#### Task statement
Range to reproduce from the entries below: the line with "-- number to", the line with "pub failed_today : ℕ", and every line in between. Give them exactly and give nothing else.

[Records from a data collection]
===============

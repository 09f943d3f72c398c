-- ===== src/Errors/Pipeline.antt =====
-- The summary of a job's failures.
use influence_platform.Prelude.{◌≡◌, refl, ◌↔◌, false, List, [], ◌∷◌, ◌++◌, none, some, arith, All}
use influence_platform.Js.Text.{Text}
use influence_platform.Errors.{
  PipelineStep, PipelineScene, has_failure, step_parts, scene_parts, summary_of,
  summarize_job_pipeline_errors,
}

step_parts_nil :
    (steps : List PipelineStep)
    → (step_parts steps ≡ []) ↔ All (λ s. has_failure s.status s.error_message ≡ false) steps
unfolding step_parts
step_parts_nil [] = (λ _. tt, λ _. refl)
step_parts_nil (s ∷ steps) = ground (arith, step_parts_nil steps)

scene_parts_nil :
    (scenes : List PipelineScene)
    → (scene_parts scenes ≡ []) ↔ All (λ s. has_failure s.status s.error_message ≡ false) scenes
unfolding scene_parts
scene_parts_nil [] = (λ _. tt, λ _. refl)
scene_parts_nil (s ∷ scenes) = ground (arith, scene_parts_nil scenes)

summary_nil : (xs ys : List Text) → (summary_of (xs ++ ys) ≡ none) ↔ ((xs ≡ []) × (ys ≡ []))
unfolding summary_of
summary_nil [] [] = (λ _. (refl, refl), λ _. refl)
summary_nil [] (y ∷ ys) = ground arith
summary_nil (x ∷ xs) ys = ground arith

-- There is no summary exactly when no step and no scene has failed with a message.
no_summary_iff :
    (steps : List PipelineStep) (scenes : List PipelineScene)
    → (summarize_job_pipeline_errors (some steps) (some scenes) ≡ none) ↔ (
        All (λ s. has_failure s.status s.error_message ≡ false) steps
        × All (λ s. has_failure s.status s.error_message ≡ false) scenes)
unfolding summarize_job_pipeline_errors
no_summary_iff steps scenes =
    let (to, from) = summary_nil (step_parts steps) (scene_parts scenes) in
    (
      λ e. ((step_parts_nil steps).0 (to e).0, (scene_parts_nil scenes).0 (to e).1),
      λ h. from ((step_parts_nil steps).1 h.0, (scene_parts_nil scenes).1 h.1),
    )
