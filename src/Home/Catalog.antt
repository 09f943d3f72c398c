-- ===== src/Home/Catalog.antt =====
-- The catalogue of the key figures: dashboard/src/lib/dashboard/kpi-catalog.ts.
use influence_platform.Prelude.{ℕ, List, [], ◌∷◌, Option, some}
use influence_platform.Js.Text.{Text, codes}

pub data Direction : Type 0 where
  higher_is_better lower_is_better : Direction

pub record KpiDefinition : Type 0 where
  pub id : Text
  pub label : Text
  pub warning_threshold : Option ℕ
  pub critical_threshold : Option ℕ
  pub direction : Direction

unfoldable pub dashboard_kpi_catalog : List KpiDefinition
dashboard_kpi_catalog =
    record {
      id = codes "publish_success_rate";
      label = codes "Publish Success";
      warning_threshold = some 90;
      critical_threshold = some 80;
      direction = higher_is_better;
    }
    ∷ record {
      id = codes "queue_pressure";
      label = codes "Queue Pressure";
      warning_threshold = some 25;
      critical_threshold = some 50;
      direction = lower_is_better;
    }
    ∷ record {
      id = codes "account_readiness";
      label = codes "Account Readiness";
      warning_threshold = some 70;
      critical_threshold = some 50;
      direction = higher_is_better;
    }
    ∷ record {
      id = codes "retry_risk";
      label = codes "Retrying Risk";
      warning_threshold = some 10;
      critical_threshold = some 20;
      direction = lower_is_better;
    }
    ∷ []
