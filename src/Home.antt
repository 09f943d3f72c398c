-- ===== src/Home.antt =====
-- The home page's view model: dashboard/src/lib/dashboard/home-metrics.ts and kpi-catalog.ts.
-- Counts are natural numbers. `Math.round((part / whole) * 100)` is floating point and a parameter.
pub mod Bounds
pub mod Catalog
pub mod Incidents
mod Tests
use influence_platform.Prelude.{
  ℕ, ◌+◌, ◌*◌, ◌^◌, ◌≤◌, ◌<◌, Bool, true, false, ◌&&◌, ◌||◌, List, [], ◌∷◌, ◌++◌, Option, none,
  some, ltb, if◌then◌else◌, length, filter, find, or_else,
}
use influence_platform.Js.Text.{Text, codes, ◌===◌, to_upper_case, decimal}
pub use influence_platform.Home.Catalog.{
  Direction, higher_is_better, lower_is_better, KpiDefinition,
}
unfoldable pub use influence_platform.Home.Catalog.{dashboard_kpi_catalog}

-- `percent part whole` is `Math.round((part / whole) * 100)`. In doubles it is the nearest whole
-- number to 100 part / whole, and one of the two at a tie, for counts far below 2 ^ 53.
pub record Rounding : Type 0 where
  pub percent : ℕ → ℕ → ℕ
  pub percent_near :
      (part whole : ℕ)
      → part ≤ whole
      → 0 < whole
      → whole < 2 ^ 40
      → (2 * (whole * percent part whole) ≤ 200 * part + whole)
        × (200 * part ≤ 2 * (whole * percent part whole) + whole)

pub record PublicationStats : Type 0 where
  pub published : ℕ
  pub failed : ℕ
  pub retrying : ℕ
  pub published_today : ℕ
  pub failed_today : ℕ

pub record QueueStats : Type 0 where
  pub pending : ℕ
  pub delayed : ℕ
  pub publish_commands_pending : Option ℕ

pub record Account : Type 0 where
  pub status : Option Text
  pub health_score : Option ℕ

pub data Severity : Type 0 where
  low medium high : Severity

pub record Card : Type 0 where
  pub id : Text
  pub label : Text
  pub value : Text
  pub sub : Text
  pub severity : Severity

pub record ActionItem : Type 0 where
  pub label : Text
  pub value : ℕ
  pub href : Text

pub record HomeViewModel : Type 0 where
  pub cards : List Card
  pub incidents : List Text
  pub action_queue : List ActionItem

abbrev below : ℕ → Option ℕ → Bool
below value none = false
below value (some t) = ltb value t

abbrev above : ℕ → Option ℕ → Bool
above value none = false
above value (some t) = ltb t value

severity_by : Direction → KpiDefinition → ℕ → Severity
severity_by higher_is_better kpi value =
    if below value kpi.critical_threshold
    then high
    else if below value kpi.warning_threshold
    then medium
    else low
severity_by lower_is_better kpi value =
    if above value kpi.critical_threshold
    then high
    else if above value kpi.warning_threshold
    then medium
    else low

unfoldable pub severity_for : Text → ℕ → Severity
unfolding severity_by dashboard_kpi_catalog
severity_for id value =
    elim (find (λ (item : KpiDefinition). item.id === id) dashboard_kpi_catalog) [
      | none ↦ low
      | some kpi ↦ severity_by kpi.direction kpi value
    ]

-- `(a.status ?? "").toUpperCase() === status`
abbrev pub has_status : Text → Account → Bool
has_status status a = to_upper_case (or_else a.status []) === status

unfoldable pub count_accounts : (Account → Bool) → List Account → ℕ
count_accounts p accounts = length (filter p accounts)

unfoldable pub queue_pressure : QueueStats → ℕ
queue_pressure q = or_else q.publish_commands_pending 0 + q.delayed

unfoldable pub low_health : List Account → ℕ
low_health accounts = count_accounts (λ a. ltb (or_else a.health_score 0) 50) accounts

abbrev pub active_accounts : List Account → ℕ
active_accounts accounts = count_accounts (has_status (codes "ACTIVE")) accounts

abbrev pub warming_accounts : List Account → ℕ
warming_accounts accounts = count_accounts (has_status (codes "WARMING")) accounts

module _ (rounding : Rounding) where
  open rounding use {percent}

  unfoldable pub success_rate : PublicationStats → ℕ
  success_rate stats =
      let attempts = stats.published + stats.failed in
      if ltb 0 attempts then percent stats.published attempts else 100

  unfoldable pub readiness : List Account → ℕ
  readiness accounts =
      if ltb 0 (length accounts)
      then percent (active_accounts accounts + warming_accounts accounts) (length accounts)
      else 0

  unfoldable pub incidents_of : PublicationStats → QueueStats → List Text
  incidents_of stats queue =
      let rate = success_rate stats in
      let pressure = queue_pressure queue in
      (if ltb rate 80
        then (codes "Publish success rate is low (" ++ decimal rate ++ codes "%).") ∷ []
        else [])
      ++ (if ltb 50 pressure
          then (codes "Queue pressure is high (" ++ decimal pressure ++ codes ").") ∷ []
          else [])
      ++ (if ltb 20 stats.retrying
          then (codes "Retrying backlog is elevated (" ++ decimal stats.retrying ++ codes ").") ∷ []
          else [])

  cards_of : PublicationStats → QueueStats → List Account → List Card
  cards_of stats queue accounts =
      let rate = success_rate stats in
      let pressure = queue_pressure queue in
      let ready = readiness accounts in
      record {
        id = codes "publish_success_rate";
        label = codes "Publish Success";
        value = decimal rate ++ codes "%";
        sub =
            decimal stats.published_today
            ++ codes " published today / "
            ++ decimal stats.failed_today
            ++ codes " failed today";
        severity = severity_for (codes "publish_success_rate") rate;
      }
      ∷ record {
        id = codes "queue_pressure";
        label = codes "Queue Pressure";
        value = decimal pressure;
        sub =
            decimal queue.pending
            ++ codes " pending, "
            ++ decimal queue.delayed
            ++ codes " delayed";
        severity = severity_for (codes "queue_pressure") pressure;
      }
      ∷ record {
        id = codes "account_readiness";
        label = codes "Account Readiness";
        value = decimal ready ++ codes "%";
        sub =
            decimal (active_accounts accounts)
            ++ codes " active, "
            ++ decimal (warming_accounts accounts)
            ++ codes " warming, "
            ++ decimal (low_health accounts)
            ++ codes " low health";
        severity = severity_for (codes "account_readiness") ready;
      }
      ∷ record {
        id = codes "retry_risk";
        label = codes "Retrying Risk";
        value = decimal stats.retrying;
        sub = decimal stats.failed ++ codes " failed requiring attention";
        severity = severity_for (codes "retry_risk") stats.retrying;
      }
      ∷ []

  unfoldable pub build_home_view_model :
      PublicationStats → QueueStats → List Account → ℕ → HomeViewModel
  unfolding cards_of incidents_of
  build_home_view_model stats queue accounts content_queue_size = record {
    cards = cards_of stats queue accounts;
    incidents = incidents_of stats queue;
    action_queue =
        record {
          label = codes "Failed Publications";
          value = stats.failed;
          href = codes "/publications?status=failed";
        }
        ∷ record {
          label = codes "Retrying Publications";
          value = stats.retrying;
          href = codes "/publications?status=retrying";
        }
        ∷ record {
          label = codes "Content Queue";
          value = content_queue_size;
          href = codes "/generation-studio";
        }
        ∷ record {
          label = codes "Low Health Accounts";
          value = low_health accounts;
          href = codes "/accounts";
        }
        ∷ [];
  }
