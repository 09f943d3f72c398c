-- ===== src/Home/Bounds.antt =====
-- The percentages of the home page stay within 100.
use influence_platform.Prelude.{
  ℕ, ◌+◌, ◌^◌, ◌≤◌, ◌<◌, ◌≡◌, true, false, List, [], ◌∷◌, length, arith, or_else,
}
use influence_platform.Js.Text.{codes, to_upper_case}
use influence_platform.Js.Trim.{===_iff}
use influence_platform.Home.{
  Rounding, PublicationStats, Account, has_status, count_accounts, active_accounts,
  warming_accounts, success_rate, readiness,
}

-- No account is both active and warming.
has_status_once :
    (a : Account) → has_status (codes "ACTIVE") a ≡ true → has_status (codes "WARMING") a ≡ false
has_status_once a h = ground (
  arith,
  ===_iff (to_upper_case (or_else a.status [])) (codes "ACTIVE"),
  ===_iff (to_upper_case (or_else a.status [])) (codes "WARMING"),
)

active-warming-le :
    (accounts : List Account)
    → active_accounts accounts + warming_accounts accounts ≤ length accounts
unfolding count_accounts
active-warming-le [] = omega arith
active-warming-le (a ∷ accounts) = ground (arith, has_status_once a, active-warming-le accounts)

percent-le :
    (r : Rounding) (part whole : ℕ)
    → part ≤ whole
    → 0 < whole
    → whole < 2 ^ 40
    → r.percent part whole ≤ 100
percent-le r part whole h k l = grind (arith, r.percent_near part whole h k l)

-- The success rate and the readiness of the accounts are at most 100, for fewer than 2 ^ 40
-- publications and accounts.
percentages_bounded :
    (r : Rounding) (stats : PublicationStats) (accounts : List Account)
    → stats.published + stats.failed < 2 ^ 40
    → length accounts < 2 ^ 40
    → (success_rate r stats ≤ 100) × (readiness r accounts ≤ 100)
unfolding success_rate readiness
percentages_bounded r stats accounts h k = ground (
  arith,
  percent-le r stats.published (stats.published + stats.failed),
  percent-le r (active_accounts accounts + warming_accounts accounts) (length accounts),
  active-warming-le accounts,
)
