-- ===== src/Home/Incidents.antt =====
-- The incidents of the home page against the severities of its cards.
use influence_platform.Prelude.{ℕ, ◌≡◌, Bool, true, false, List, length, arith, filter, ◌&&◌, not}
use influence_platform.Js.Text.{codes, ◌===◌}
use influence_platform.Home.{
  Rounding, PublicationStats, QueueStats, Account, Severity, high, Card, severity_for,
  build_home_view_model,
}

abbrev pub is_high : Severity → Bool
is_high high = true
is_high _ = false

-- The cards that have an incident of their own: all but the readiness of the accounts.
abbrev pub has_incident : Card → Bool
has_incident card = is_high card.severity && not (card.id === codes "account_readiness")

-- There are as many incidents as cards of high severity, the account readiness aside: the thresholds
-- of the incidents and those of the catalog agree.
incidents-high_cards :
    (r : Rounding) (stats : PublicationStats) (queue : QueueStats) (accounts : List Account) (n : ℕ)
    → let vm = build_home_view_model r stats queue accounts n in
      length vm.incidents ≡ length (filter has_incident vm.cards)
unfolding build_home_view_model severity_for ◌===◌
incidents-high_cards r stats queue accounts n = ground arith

===============

#### Reply to the task
-- number to 100 part / whole, and one of the two at a tie, for counts far below 2 ^ 53.
pub record Rounding : Type 0 where
  pub percent : ℕ → ℕ → ℕ
  pub percent_near :
      (part whole : ℕ)
      → part ≤ whole
      → 0 < whole
      → whole < 2 ^ 40
      → (2 * (whole * percent part whole) ≤ 200 * part + whole)
        × (200 * part ≤ 2 * (whole * percent part whole) + whole)

pub record PublicationStats : Type 0 where
  pub published : ℕ
  pub failed : ℕ
  pub retrying : ℕ
  pub published_today : ℕ
  pub failed_today : ℕ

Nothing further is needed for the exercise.